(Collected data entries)
>>>>>
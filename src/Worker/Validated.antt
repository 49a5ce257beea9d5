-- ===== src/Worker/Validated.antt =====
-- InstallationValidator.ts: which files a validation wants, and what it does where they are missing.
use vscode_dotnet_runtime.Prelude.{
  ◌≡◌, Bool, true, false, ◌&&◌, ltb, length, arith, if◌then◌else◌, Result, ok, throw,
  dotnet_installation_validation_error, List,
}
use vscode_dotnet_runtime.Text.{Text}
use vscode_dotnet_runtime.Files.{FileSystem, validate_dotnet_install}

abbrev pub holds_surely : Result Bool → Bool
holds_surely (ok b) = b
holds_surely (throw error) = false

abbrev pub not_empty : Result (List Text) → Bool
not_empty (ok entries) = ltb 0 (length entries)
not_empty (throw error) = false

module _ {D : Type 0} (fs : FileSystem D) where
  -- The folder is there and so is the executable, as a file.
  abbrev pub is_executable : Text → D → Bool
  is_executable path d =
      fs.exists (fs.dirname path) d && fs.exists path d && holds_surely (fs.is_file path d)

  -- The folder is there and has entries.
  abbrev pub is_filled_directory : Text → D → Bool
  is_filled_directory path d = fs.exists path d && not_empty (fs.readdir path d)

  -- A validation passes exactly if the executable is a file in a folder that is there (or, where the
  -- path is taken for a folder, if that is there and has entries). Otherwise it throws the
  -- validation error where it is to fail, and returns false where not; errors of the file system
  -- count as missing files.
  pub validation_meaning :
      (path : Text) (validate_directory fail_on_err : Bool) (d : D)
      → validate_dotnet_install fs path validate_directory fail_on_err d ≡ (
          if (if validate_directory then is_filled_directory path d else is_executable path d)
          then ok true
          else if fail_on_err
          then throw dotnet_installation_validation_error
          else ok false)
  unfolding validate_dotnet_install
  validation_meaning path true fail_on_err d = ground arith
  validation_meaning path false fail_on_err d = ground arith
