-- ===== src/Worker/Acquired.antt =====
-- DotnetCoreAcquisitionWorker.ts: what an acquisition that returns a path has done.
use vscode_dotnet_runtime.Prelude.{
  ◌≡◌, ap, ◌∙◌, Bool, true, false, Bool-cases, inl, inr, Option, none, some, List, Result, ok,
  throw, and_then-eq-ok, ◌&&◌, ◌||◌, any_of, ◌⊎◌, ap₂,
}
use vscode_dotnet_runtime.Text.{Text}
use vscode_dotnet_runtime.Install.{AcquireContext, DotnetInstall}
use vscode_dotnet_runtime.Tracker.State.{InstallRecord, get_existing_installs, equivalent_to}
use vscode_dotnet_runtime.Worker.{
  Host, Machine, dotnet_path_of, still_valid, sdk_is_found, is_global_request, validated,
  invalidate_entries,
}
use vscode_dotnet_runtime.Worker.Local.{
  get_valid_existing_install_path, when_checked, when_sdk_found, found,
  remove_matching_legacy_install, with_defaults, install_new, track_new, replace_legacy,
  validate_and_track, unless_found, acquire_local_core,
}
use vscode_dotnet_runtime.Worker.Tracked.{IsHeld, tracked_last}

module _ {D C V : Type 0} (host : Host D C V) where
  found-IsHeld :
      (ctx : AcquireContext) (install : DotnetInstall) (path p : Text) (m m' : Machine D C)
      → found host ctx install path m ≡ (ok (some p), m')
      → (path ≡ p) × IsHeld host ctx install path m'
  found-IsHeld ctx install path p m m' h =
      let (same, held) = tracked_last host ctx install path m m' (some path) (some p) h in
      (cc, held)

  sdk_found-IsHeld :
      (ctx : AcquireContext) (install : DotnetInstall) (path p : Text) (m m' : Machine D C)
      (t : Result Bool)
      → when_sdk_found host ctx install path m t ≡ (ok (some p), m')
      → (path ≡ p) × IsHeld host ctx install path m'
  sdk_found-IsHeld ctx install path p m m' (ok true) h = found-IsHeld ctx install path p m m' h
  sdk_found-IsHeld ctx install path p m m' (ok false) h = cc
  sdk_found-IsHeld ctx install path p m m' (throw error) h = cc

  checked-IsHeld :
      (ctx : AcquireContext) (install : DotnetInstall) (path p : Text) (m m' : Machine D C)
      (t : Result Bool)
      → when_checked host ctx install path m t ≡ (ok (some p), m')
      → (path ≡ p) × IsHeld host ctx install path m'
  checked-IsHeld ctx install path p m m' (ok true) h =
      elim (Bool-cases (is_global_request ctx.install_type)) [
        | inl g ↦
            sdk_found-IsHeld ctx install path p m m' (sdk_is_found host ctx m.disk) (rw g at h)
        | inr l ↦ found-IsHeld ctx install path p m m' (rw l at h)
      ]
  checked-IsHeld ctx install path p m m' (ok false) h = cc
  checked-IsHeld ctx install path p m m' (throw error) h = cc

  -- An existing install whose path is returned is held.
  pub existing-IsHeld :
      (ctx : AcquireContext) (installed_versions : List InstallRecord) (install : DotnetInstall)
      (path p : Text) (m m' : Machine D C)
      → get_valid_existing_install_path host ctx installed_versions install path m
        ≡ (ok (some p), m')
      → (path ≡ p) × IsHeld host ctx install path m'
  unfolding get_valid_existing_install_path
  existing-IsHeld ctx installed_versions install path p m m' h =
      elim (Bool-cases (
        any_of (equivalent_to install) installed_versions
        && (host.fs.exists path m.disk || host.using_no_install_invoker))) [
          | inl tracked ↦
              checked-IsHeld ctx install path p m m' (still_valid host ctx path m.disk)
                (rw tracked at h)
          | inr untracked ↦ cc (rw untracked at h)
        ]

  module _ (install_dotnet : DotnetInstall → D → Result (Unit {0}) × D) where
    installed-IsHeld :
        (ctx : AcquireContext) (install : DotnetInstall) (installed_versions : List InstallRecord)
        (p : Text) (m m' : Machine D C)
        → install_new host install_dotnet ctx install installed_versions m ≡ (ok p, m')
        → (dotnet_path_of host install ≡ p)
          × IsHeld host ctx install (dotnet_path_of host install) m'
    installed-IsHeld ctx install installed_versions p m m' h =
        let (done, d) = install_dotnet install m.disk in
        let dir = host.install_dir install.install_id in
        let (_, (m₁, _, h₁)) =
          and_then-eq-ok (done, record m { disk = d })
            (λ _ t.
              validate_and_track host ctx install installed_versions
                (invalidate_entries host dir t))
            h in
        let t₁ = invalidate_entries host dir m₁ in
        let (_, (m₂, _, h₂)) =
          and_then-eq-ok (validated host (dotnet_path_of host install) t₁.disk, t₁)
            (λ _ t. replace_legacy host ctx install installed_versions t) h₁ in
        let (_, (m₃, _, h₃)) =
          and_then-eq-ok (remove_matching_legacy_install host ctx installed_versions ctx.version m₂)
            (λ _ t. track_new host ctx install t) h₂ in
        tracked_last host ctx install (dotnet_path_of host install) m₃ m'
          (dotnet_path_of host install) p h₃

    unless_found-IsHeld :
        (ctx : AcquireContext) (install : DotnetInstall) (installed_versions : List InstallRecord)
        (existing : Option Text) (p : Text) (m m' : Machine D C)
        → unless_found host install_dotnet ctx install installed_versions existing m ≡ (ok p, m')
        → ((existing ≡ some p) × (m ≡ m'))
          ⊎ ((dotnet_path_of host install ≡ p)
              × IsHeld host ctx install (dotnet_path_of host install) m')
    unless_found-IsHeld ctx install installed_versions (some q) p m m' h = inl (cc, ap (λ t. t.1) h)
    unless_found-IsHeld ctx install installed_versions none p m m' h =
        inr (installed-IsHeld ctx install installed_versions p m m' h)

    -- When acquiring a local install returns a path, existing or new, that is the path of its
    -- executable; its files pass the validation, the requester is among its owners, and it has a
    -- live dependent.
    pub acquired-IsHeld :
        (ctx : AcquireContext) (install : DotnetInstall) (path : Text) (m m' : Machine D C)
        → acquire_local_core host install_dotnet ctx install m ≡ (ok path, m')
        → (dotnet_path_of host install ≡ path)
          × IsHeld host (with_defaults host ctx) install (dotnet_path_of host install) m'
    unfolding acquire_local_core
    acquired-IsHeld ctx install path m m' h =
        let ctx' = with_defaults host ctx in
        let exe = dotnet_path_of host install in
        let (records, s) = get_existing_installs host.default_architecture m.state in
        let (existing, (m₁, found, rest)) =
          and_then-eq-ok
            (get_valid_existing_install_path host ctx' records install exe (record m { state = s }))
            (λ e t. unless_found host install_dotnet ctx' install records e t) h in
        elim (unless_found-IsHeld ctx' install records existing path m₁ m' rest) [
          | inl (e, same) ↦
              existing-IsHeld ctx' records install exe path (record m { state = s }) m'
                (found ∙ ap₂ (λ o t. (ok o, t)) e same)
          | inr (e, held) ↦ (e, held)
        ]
<<<<<
>>>>>
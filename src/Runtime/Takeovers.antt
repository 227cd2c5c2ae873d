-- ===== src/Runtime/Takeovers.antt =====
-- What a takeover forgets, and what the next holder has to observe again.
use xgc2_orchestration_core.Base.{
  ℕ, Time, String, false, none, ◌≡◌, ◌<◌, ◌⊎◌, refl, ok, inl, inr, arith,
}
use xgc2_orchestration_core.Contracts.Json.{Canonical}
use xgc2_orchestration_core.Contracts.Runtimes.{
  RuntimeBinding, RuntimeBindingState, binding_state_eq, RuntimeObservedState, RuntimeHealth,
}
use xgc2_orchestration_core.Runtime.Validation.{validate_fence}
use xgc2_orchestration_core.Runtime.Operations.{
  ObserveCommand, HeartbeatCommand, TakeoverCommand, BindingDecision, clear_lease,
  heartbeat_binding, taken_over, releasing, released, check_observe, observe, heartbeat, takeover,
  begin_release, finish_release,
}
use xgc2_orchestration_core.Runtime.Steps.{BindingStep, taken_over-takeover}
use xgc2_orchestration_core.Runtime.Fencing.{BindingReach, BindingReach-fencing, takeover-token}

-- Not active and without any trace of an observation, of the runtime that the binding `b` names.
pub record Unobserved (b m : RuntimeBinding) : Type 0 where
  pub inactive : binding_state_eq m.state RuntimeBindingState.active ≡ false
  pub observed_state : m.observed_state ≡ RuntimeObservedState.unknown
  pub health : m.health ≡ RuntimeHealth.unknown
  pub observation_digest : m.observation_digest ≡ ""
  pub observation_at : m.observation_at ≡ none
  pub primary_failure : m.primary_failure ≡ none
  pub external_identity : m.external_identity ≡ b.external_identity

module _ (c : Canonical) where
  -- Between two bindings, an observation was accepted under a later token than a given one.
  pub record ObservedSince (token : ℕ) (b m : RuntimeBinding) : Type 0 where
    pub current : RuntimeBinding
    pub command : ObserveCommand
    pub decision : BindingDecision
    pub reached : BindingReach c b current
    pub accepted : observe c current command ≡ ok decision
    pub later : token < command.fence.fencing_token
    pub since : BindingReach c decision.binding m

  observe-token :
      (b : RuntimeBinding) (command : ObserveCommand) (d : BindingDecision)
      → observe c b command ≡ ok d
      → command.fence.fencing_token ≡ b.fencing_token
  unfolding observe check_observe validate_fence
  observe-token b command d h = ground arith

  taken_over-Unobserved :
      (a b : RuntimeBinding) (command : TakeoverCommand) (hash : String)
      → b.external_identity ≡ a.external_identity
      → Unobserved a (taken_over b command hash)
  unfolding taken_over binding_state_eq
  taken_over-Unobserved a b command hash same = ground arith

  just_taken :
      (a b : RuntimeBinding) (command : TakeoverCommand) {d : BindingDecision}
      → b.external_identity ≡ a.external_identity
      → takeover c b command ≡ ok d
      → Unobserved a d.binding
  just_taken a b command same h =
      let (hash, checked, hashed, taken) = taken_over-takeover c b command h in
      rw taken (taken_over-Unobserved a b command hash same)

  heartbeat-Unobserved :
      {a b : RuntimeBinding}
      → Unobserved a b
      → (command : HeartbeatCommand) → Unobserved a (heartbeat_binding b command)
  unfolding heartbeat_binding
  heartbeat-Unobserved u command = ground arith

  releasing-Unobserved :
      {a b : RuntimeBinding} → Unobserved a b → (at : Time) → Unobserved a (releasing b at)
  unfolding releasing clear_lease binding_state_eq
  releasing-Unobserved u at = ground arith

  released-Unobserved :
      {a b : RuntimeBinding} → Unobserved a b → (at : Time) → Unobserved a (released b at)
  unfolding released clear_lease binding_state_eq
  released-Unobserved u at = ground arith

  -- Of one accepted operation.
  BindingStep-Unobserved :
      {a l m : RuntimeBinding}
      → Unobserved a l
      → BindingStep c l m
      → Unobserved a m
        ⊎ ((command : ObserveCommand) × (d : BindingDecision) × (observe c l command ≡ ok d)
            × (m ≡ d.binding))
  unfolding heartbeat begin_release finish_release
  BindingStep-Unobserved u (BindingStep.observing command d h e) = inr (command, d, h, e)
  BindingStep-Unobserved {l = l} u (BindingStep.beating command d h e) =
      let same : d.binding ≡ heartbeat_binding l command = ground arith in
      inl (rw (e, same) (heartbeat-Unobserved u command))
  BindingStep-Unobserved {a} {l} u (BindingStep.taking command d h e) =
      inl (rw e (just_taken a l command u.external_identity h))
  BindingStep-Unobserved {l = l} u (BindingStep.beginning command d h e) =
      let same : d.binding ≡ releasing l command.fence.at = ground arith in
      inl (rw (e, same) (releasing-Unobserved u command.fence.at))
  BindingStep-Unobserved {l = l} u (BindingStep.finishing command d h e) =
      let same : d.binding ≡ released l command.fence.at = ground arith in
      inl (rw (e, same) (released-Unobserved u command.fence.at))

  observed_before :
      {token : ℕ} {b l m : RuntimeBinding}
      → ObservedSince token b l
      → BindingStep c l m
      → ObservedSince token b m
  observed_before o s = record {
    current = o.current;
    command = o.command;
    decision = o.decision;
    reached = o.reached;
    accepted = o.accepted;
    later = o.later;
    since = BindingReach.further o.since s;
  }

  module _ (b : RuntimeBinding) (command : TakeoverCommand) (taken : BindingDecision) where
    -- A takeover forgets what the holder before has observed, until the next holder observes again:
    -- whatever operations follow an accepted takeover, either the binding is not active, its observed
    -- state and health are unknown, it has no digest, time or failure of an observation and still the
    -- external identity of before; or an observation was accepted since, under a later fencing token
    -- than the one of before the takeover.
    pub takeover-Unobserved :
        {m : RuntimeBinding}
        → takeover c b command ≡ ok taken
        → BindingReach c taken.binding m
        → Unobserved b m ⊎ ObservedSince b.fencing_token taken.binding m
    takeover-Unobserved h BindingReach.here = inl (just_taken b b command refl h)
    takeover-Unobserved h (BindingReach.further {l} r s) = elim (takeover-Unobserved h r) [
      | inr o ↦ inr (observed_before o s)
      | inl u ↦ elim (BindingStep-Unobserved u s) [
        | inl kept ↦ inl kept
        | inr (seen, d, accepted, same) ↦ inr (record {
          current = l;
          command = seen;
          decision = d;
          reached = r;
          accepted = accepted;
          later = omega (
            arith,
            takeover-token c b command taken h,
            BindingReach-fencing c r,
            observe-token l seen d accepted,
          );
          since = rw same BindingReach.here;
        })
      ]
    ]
<<<<<
_ABOUT THIS TASK_
From the data, pick out every line that includes "active".

_EXERCISE RESPONSE_
-- Not active and without any trace of an observation, of the runtime that the binding `b` names.
  pub inactive : binding_state_eq m.state RuntimeBindingState.active ≡ false
    -- whatever operations follow an accepted takeover, either the binding is not active, its observed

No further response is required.